Our book, Scaling Migrant Worker Rights: How Advocates Collaborate and Contest State Powerreveals how these accords are implemented on the ground via Mexico’s consular network with help – and pressure – from local civil society advocates.  Together, this bilateral cooperation emulates the model of co-enforcement that labor scholars Matthew Amengual, Janice Fine, and Jennifer Gordon (here and here) have shown is critical to realizing the rights of vulnerable workers.  Through interviews with advocates across the U.S. and in Mexico, we reveal the many unique ways that diplomatic support helps immigrant workers access key U.S. labor protections.  Consulates have unique access to U.S. bureaucracies, have the funds and staff to do broad-reaching outreach with linguistic and cultural capital, and are a safe space for unauthorized immigrants to get help.

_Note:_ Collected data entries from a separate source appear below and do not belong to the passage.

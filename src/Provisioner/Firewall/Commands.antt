-- ===== src/Provisioner/Firewall/Commands.antt =====
-- What the script of a peering asks of nftables, command by command, and its text:
-- api/src/services/provisioner.rs (lines 1066 to 1113).
use Prim.Native.String.{◌++◌}
use text.Mathlib.TextLemmas.{append_assoc, nil-append}
use dbsaa_s.Prelude.{
  ◌≡◌, refl, ap, sym, ◌∙◌, Bool, true, false, Option, none, some, List, [], ◌∷◌, String, str_eq,
  map, if◌then◌else◌, ◌++◌ as append,
}
use dbsaa_s.Prelude.Int.{ℤ}
use dbsaa_s.Text.{show_i32}
use dbsaa_s.Provisioner.Firewall.{Rule, rule_head, rule_line, preamble}

-- The packets that a rule is about.
pub data Packets : Type 0 where
  established everything : Packets
  between : (src dst : String) → Packets
  between_at_port : (src dst protocol : String) → ℤ → Packets

pub data Verdict : Type 0 where
  accept drop : Verdict

pub data Command : Type 0 where
  delete_table add_table add_chain : Command
  add_rule : Packets → Verdict → Command

-- A rule allows what it is about, or drops it.
abbrev pub verdict_of : String → Verdict
verdict_of action = if str_eq action "allow" then Verdict.accept else Verdict.drop

abbrev pub packets_of : (src dst : String) → Option ℤ → Option String → Packets
packets_of src dst none protocol = Packets.between src dst
packets_of src dst (some port) none = Packets.between_at_port src dst "tcp" port
packets_of src dst (some port) (some protocol) = Packets.between_at_port src dst protocol port

abbrev pub command_of : Rule → Command
command_of r =
    Command.add_rule (packets_of r.src_subnet r.dst_subnet r.port r.protocol) (verdict_of r.action)

-- A new table with one chain: established connections are accepted, the rules follow in their order,
-- and the rest is dropped.
abbrev pub commands_of : List Rule → List Command
commands_of rules =
    Command.delete_table
    ∷ Command.add_table
    ∷ Command.add_chain
    ∷ Command.add_rule Packets.established Verdict.accept
    ∷ append (map command_of rules) (Command.add_rule Packets.everything Verdict.drop ∷ [])

-- The text of a command on the bridge, before the text that follows it.
module _ (table bridge : String) where
  abbrev spell_verdict : Verdict → String → String
  spell_verdict Verdict.accept rest = "accept; " ++ rest
  spell_verdict Verdict.drop rest = "drop; " ++ rest

  abbrev spell_packets : Packets → String → String
  spell_packets Packets.established rest = "ct state established,related " ++ rest
  spell_packets Packets.everything rest = rest
  spell_packets (Packets.between src dst) rest =
      "ip saddr " ++ src ++ " ip daddr " ++ dst ++ " " ++ rest
  spell_packets (Packets.between_at_port src dst protocol port) rest =
      "ip saddr "
      ++ src
      ++ " ip daddr "
      ++ dst
      ++ " "
      ++ protocol
      ++ " dport "
      ++ show_i32 port
      ++ " "
      ++ rest

  abbrev spell : Command → String → String
  spell Command.delete_table rest = "nft delete table inet " ++ table ++ " 2>/dev/null; " ++ rest
  spell Command.add_table rest = "nft add table inet " ++ table ++ "; " ++ rest
  spell Command.add_chain rest =
      "nft add chain inet " ++ table
      ++ " forward { type filter hook forward priority -1\\; policy accept\\; }; " ++ rest
  spell (Command.add_rule packets verdict) rest =
      "nft add rule inet "
      ++ table
      ++ " forward iifname "
      ++ bridge
      ++ " oifname "
      ++ bridge
      ++ " "
      ++ spell_packets packets (spell_verdict verdict rest)

  abbrev spell_all : List Command → String → String
  spell_all [] rest = rest
  spell_all (c ∷ cs) rest = spell c (spell_all cs rest)

-- The text of the whole script.
abbrev pub script_of : String → String → List Rule → String
script_of table bridge rules = spell_all table bridge (commands_of rules) "echo OK"

module _ (table bridge : String) where
  spell_all-append :
      (cs ds : List Command) (rest : String)
      → spell_all table bridge (append cs ds) rest
        ≡ spell_all table bridge cs (spell_all table bridge ds rest)
  spell_all-append [] ds rest = refl
  spell_all-append (c ∷ cs) ds rest = ap (spell table bridge c) (spell_all-append cs ds rest)

  rule_head-append :
      (rest : String)
      → rule_head table bridge ++ rest
        ≡ "nft add rule inet " ++ table ++ " forward iifname " ++ bridge ++ " oifname " ++ bridge
          ++ " " ++ rest
  rule_head-append rest = simp append_assoc

  word_of-spell :
      (allowed : Bool) (rest : String)
      → (if allowed then "accept; " else "drop; ") ++ rest
        ≡ spell_verdict table bridge (if allowed then Verdict.accept else Verdict.drop) rest
  word_of-spell true rest = refl
  word_of-spell false rest = refl

  rule_line-spell :
      (r : Rule) (rest : String)
      → rule_line table bridge r ++ rest ≡ spell table bridge (command_of r) rest
  rule_line-spell r rest = go r.port r.protocol
    where
      go :
          (port : Option ℤ) (protocol : Option String)
          → rule_line table bridge (record r { port = port; protocol = protocol }) ++ rest
            ≡ spell table bridge (command_of (record r { port = port; protocol = protocol })) rest
      go none protocol =
          simp (append_assoc, nil-append, word_of-spell (str_eq r.action "allow")) refl
      go (some port) none = simp (append_assoc, word_of-spell (str_eq r.action "allow")) refl
      go (some port) (some p) = simp (append_assoc, word_of-spell (str_eq r.action "allow")) refl

  preamble-spell :
      (rest : String)
      → preamble table bridge ++ rest
        ≡ spell_all table bridge
            (Command.delete_table
              ∷ Command.add_table
              ∷ Command.add_chain
              ∷ Command.add_rule Packets.established Verdict.accept
              ∷ [])
            rest
  preamble-spell rest =
      simp
        (
          append_assoc,
          append_assoc "; " "nft add chain inet ",
          append_assoc "ct state established,related " "accept; ",
        )
        refl

  abbrev pub lines_of : List Rule → String
  lines_of [] = ""
  lines_of (r ∷ rs) = rule_line table bridge r ++ lines_of rs

  lines_of-spell :
      (rules : List Rule) (rest : String)
      → lines_of rules ++ rest ≡ spell_all table bridge (map command_of rules) rest
  lines_of-spell [] rest = nil-append rest
  lines_of-spell (r ∷ rules) rest =
      append_assoc (rule_line table bridge r) (lines_of rules) rest
      ∙ (rule_line-spell r _ ∙ ap (spell table bridge (command_of r)) (lines_of-spell rules rest))

  -- What the code writes is the text of the commands.
  pub written-script_of :
      (rules : List Rule)
      → (preamble table bridge ++ lines_of rules) ++ rule_head table bridge ++ "drop; " ++ "echo OK"
        ≡ script_of table bridge rules
  written-script_of rules =
      append_assoc (preamble table bridge) (lines_of rules) _
      ∙ (preamble-spell _
          ∙ ap
              (spell_all table bridge (
                Command.delete_table
                ∷ Command.add_table
                ∷ Command.add_chain
                ∷ Command.add_rule Packets.established Verdict.accept
                ∷ []))
              (lines_of-spell rules _
                ∙ (ap (spell_all table bridge (map command_of rules)) (rule_head-append _)
                    ∙ sym (
                        spell_all-append (map command_of rules)
                          (Command.add_rule Packets.everything Verdict.drop ∷ []) "echo OK"))))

The institutionalization of consular support has also been a boon for efforts to hold the sending state accountable to the needs of its diaspora.   Yet, after nearly two decades of coordinated support from the Mexican Foreign Ministry, there are many cracks in the façade that have begun to appear.  Like any consular bureaucracy, there are inefficiencies and depersonalizing aspects of interacting with diplomatic staff.  Further, formal efforts to cooperate with local groups through regular events like the annual Labor Rights Week can also mask the many fronts of contestation.  In our conversations with local groups, we heard much appreciation from legal aid groups and unions, for example, who rely on the consulate to help conduct outreach and advance worker claims.  Yet, we also spoke to a broader ecosystem of worker centers, migrant-serving organizations, and organizing spaces that had a far broader vision of what the Mexican government owed its expatriate workforce.  These consular obligations also include addressing the long legacies of racism and classism at the consulate’s service windows, broadening language and cultural access to include the growing Indigenous Mexican immigrant workforce, and mirroring the same level of commitment to the needs of Mexican workers before they leave North and when they return.

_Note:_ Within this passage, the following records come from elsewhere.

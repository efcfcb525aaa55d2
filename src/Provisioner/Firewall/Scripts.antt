-- ===== src/Provisioner/Firewall/Scripts.antt =====
-- When the script of a peering (api/src/services/provisioner.rs, lines 1040 to 1117) is run, and what
-- it is.
use Prim.Native.String.{◌++◌, len, slice}
use text.Mathlib.TextLemmas.{append_assoc, append-nil}
use dbsaa_s.Prelude.{
  subst, ◌≡◌, refl, ap, sym, ◌∙◌, Bool, true, false, not, Option, none, some, List, [], ◌∷◌, String,
  str_eq, ltb, ◌&&◌, ◌||◌,
}
use dbsaa_s.Prelude.Int.{ℤ, pos, leb_ℤ}
use dbsaa_s.Errors.{AppError, Result, ok, err}
use dbsaa_s.Platform.{State, M, Docker, Services, pure, throw_if, run, ◌>>=◌, ◌>>◌}
use dbsaa_s.Text.{codes}
use dbsaa_s.Provisioner.Host.{exec_on_host}
use dbsaa_s.Provisioner.Firewall.Commands.{lines_of, written-script_of, script_of}
use dbsaa_s.Provisioner.Firewall.{
  Rule, all_codes, get_or_tcp, table_of, rule_line, safe_char, validate_nft_value, check_port,
  check_rule, add_rules, apply_firewall_rules,
}

-- A check: it passes where `c` holds; elsewhere the caller gets a 400 and nothing has changed.
unfoldable pub Guards : {W A : Type 0} → Bool → State W → M W A → Result A × State W → Type 0
Guards true s m good = m s ≡ good
Guards false s m good = (msg : String) × (m s ≡ (err (AppError.bad_request msg), s))

module _ {W : Type 0} (s : State W) where
  Guards-throw_if :
      (c : Bool) (msg : String)
      → Guards (not c) s (throw_if c (AppError.bad_request msg)) (ok tt, s)
  unfolding run Guards
  Guards-throw_if true msg = (msg, refl)
  Guards-throw_if false msg = refl

  Guards-throw_unless :
      (c : Bool) (msg : String)
      → Guards c s (throw_if (not c) (AppError.bad_request msg)) (ok tt, s)
  unfolding run Guards
  Guards-throw_unless true msg = refl
  Guards-throw_unless false msg = (msg, refl)

  bind_cong :
      {A B : Type 0} (m : M W A) (k : A → M W B) (r : Result A × State W)
      → m s ≡ r
      → (m >>= k) s
        ≡ elim r.0 as (λ _. Result B × State W) [ ok a ↦ k a r.1 | err e ↦ (err e, r.1) ]
  unfolding ◌>>=◌
  bind_cong {B = B} m k r h =
      ap (λ x. elim x.0 as (λ _. Result B × State W) [ ok a ↦ k a x.1 | err d ↦ (err d, x.1) ]) h

  -- One check after the other.
  Guards-bind :
      {A B : Type 0} (c d : Bool) (m : M W A) (k : A → M W B) (a : A) (good : Result B × State W)
      → Guards c s m (ok a, s)
      → Guards d s (k a) good
      → Guards (c && d) s (m >>= k) good
  unfolding Guards
  Guards-bind true true m k a good h next = bind_cong m k _ h ∙ next
  Guards-bind true false m k a good h (msg, e) = (msg, bind_cong m k _ h ∙ e)
  Guards-bind false d m k a good (msg, e) next = (msg, bind_cong m k _ e)

  Guards-last :
      {A B : Type 0} (c : Bool) (m : M W A) (k : A → M W B) (a : A)
      → Guards c s m (ok a, s)
      → Guards c s (m >>= k) (k a s)
  unfolding Guards
  Guards-last true m k a h = bind_cong m k _ h
  Guards-last false m k a (msg, e) = (msg, bind_cong m k _ e)

-- What the code asks of a value that goes into the script, of a port and of a rule.
module _ {W : Type 0} (svc : Services W) where
  abbrev pub value_ok : String → Bool
  value_ok val = all_codes (safe_char svc) (codes val) && not (str_eq val "" || ltb 64 (len val))

  abbrev pub port_ok : Option ℤ → Bool
  port_ok none = true
  port_ok (some p) = leb_ℤ (pos 1) p && leb_ℤ p (pos 65535)

  abbrev pub rule_ok : Rule → Bool
  rule_ok r =
      value_ok r.src_subnet
      && (value_ok r.dst_subnet && (value_ok (get_or_tcp r.protocol) && port_ok r.port))

  abbrev pub rules_ok : List Rule → Bool
  rules_ok [] = true
  rules_ok (r ∷ rs) = rule_ok r && rules_ok rs

  validate-Guards :
      (val name : String) (s : State W)
      → Guards (value_ok val) s (validate_nft_value svc val name) (ok tt, s)
  unfolding validate_nft_value
  validate-Guards val name s =
      Guards-bind s _ _ _ _ tt _ (Guards-throw_unless s _ _) (Guards-throw_if s _ _)

  check_port-Guards :
      (p : Option ℤ) (s : State W) → Guards (port_ok p) s (check_port svc p) (ok tt, s)
  unfolding Guards pure
  check_port-Guards none s = refl
  check_port-Guards (some p) s = Guards-throw_unless s _ _

  check_rule-Guards : (r : Rule) (s : State W) → Guards (rule_ok r) s (check_rule svc r) (ok tt, s)
  unfolding check_rule
  check_rule-Guards r s = Guards-bind s _ _ _ _ tt _ (validate-Guards _ _ s) (
      Guards-bind s _ _ _ _ tt _ (validate-Guards _ _ s)
        (Guards-bind s _ _ _ _ tt _ (validate-Guards _ _ s) (check_port-Guards r.port s)))

module _ {W : Type 0} (svc : Services W) where
  add_rules-Guards :
      (table bridge : String) (rules : List Rule) (script : String) (s : State W)
      → Guards
          (rules_ok svc rules)
          s
          (add_rules svc table bridge rules script)
          (ok (script ++ lines_of table bridge rules), s)
  unfolding add_rules Guards pure
  add_rules-Guards table bridge [] script s = ap (λ x. (ok x, s)) (sym (append-nil script))
  add_rules-Guards table bridge (r ∷ rules) script s =
      Guards-bind s _ _ _ _ tt _ (check_rule-Guards svc r s) (
        subst
          (λ x.
            Guards (rules_ok svc rules) s
              (add_rules svc table bridge rules (script ++ rule_line table bridge r)) (ok x, s))
          (append_assoc script (rule_line table bridge r) (lines_of table bridge rules))
          (add_rules-Guards table bridge rules (script ++ rule_line table bridge r) s))

  -- If the peering's id, the bridge and every value of every rule pass the checks of the code, the call is
  -- one run of one script on the host, which makes a new table with one chain that accepts established
  -- connections, then accepts what each rule allows and drops what it does not, in the order of the rules,
  -- then drops the rest; otherwise the call is a 400 and neither the tables nor the world have changed.
  pub apply_firewall_rules-Guards :
      (docker : Docker) (peering_id bridge : String) (rules : List Rule) (s : State W)
      → Guards
          (value_ok svc peering_id && (value_ok svc bridge && rules_ok svc rules))
          s
          (apply_firewall_rules svc docker peering_id bridge rules)
          ((exec_on_host svc docker (script_of ("sb_peer_" ++ slice peering_id 0 8) bridge rules)
              >> pure tt)
            s)
  unfolding apply_firewall_rules
  apply_firewall_rules-Guards docker peering_id bridge rules s =
      subst
        (λ text.
          Guards (value_ok svc peering_id && (value_ok svc bridge && rules_ok svc rules)) s
            (apply_firewall_rules svc docker peering_id bridge rules)
            ((exec_on_host svc docker text >> pure tt) s))
        (written-script_of (table_of peering_id) bridge rules)
        (Guards-bind s _ _ _ _ tt _ (validate-Guards svc _ _ s) (
          Guards-bind s _ _ _ _ tt _ (validate-Guards svc _ _ s)
            (Guards-last s _ _ _ _ (add_rules-Guards _ _ rules _ s))))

By talking to groups across the country, we also learned that not all places are created equal.  The Mexican consular network’s role is crucial in places that lack local capacity and are stretched thin across dispersed Mexican immigrant communities and in rural areas. Yet, in more established destinations, where advocates had created well-oiled referral and service networks apart from the consulate, their calls for accountability were louder.  Worker centers, for example, expected more consistency and proactive advocacy, including for worker organizing and mobilization efforts.  Advocates were, however, often disappointed and collided with the consulate’s much more limited vision for their work.  A complete lack of a dedicated budget also means that advancing worker protections often come as a far second to a consul’s other legal obligations to challenging the death penalty, facilitating family reunification, corpse repatriation, and the palpable terror of immigration enforcement at the border and in the interior, among many others.

Rather than simply an inventory of the services and programming the Mexican government provides, Scaling Migrant Worker Rights provides a blueprint for how the Mexican government can contribute meaningfully to grassroots efforts for portable justice.